Required action - From the records below, work out how many lines contain "leaves". Reply with that number alone.

[Saved data entries]
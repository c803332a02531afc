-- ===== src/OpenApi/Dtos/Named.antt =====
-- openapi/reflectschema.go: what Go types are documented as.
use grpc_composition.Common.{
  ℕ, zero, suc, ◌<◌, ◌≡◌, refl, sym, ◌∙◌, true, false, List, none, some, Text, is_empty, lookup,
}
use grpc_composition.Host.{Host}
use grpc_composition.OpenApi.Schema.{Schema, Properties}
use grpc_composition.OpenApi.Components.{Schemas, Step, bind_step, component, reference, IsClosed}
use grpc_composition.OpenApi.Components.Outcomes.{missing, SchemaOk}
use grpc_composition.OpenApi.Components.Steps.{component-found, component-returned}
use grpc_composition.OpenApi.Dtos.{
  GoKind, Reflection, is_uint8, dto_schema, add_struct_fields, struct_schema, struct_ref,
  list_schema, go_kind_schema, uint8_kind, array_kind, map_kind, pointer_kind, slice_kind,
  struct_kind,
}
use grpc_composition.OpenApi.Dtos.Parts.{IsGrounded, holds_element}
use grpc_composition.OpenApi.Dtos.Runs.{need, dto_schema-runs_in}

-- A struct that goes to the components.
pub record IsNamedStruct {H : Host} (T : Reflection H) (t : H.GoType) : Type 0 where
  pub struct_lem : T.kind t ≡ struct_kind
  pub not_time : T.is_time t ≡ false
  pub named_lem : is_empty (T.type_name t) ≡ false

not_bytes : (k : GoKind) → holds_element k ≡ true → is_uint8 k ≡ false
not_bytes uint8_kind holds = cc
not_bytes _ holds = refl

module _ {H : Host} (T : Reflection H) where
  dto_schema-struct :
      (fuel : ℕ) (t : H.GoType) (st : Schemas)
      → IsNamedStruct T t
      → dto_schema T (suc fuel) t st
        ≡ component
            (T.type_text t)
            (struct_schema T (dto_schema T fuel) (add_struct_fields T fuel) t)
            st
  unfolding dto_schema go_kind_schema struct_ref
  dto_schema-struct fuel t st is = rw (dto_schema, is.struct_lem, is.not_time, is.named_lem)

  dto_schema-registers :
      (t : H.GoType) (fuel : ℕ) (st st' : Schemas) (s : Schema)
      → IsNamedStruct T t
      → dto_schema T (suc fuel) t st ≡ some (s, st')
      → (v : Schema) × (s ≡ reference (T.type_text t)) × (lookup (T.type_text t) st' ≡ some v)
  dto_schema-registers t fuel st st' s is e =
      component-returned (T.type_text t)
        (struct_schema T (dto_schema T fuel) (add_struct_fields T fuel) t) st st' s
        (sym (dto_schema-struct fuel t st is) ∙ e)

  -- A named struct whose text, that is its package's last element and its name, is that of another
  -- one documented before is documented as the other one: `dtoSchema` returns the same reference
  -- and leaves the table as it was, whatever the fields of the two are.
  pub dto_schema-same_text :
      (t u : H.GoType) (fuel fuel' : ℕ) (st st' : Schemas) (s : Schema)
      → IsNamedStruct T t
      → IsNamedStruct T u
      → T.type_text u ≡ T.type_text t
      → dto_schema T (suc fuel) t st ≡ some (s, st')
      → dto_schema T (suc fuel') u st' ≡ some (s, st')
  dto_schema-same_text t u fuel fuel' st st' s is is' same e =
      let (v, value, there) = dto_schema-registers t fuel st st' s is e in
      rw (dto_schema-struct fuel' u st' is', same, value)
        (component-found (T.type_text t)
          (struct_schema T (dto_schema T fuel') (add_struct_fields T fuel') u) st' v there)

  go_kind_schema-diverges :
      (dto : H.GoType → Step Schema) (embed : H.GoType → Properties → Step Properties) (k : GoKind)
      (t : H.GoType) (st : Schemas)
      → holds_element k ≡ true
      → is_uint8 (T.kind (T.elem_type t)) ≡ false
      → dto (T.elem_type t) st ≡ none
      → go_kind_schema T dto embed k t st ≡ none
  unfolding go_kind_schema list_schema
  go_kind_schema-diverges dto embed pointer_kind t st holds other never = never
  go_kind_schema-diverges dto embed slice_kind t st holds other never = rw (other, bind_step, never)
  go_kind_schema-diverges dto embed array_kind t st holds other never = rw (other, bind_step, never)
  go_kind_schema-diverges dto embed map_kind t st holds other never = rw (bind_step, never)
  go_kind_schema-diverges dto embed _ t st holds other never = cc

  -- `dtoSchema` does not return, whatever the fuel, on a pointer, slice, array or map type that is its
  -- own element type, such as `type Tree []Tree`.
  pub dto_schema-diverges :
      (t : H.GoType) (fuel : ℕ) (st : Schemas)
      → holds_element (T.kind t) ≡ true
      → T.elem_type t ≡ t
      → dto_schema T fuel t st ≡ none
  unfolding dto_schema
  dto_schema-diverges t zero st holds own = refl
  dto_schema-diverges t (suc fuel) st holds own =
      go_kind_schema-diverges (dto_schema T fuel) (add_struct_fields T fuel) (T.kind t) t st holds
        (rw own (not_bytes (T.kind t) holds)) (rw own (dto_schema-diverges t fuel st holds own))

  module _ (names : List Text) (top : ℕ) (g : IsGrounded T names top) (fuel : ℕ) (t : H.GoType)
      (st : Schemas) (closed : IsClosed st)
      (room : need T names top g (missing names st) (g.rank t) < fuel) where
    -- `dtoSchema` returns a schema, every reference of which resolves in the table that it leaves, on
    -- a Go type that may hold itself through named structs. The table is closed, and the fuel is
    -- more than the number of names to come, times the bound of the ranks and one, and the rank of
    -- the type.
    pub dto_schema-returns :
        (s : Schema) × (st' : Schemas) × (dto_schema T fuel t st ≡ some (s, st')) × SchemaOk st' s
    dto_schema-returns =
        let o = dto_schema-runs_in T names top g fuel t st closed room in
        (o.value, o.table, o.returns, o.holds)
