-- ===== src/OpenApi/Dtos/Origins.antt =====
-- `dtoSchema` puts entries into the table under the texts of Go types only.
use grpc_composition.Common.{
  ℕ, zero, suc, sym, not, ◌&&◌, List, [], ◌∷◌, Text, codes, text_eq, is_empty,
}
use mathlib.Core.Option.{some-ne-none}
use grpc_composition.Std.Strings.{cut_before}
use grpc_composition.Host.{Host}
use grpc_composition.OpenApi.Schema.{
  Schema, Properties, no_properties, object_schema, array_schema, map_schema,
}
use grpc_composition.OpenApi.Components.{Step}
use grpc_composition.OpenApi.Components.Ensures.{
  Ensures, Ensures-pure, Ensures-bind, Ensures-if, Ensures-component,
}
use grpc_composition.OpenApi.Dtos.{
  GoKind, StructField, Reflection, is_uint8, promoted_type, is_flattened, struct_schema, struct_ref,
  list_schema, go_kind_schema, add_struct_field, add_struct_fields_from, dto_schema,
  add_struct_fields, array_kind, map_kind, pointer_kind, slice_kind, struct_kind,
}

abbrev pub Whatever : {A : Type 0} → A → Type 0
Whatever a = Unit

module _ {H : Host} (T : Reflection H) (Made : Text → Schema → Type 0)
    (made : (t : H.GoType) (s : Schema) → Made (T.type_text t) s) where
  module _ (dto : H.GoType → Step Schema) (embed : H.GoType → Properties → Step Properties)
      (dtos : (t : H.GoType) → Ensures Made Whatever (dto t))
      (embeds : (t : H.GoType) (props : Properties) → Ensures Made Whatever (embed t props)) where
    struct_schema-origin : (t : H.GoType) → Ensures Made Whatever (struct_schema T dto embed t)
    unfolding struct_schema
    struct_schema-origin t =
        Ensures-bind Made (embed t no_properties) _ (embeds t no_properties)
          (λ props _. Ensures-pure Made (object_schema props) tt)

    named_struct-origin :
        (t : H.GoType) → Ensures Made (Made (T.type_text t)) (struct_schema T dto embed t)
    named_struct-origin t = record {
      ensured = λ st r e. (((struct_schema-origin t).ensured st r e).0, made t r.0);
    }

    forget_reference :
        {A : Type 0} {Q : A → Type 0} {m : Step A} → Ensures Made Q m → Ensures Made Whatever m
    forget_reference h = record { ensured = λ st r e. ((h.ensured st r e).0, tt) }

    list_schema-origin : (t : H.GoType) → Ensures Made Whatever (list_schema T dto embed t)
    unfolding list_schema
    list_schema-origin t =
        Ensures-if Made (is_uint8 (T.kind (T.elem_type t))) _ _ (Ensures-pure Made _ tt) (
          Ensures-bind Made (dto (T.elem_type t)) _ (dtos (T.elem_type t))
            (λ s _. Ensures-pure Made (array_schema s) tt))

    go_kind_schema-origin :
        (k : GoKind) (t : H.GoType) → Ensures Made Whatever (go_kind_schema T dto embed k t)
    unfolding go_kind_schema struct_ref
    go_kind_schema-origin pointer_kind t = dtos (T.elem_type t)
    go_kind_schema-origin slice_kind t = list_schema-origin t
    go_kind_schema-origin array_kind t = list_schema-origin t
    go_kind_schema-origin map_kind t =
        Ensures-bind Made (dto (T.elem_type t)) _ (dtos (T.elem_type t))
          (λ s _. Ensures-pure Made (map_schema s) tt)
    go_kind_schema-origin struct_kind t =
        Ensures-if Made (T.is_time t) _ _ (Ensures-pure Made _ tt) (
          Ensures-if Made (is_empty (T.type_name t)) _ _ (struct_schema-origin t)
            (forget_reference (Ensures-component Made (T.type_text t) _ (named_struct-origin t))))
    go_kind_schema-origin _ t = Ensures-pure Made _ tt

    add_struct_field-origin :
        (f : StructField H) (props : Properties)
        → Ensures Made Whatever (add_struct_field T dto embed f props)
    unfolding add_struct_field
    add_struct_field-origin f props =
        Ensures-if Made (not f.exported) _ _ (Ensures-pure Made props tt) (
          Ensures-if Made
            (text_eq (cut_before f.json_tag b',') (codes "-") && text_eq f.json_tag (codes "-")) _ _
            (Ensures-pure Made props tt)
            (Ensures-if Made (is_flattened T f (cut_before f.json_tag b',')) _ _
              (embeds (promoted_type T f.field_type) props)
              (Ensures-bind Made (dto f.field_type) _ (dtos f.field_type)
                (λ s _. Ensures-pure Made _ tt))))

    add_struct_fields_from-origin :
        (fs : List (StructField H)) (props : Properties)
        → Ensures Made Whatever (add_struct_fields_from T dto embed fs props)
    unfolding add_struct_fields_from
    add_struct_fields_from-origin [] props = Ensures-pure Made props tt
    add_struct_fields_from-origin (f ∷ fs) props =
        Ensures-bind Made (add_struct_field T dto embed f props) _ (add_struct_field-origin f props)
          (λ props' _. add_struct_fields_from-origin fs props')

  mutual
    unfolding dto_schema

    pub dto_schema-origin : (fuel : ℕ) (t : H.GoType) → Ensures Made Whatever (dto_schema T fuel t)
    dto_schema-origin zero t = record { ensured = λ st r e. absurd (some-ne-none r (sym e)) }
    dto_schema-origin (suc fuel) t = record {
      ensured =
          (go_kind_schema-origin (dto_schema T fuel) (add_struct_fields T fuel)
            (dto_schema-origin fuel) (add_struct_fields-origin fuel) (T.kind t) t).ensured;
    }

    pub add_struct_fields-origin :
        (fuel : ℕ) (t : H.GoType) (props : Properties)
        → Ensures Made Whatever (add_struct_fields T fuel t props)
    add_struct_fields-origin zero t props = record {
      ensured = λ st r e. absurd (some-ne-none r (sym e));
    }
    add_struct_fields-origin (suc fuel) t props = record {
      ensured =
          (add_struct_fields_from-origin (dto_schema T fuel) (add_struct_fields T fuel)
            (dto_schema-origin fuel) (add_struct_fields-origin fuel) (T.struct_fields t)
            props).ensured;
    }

Response for this exercise - 2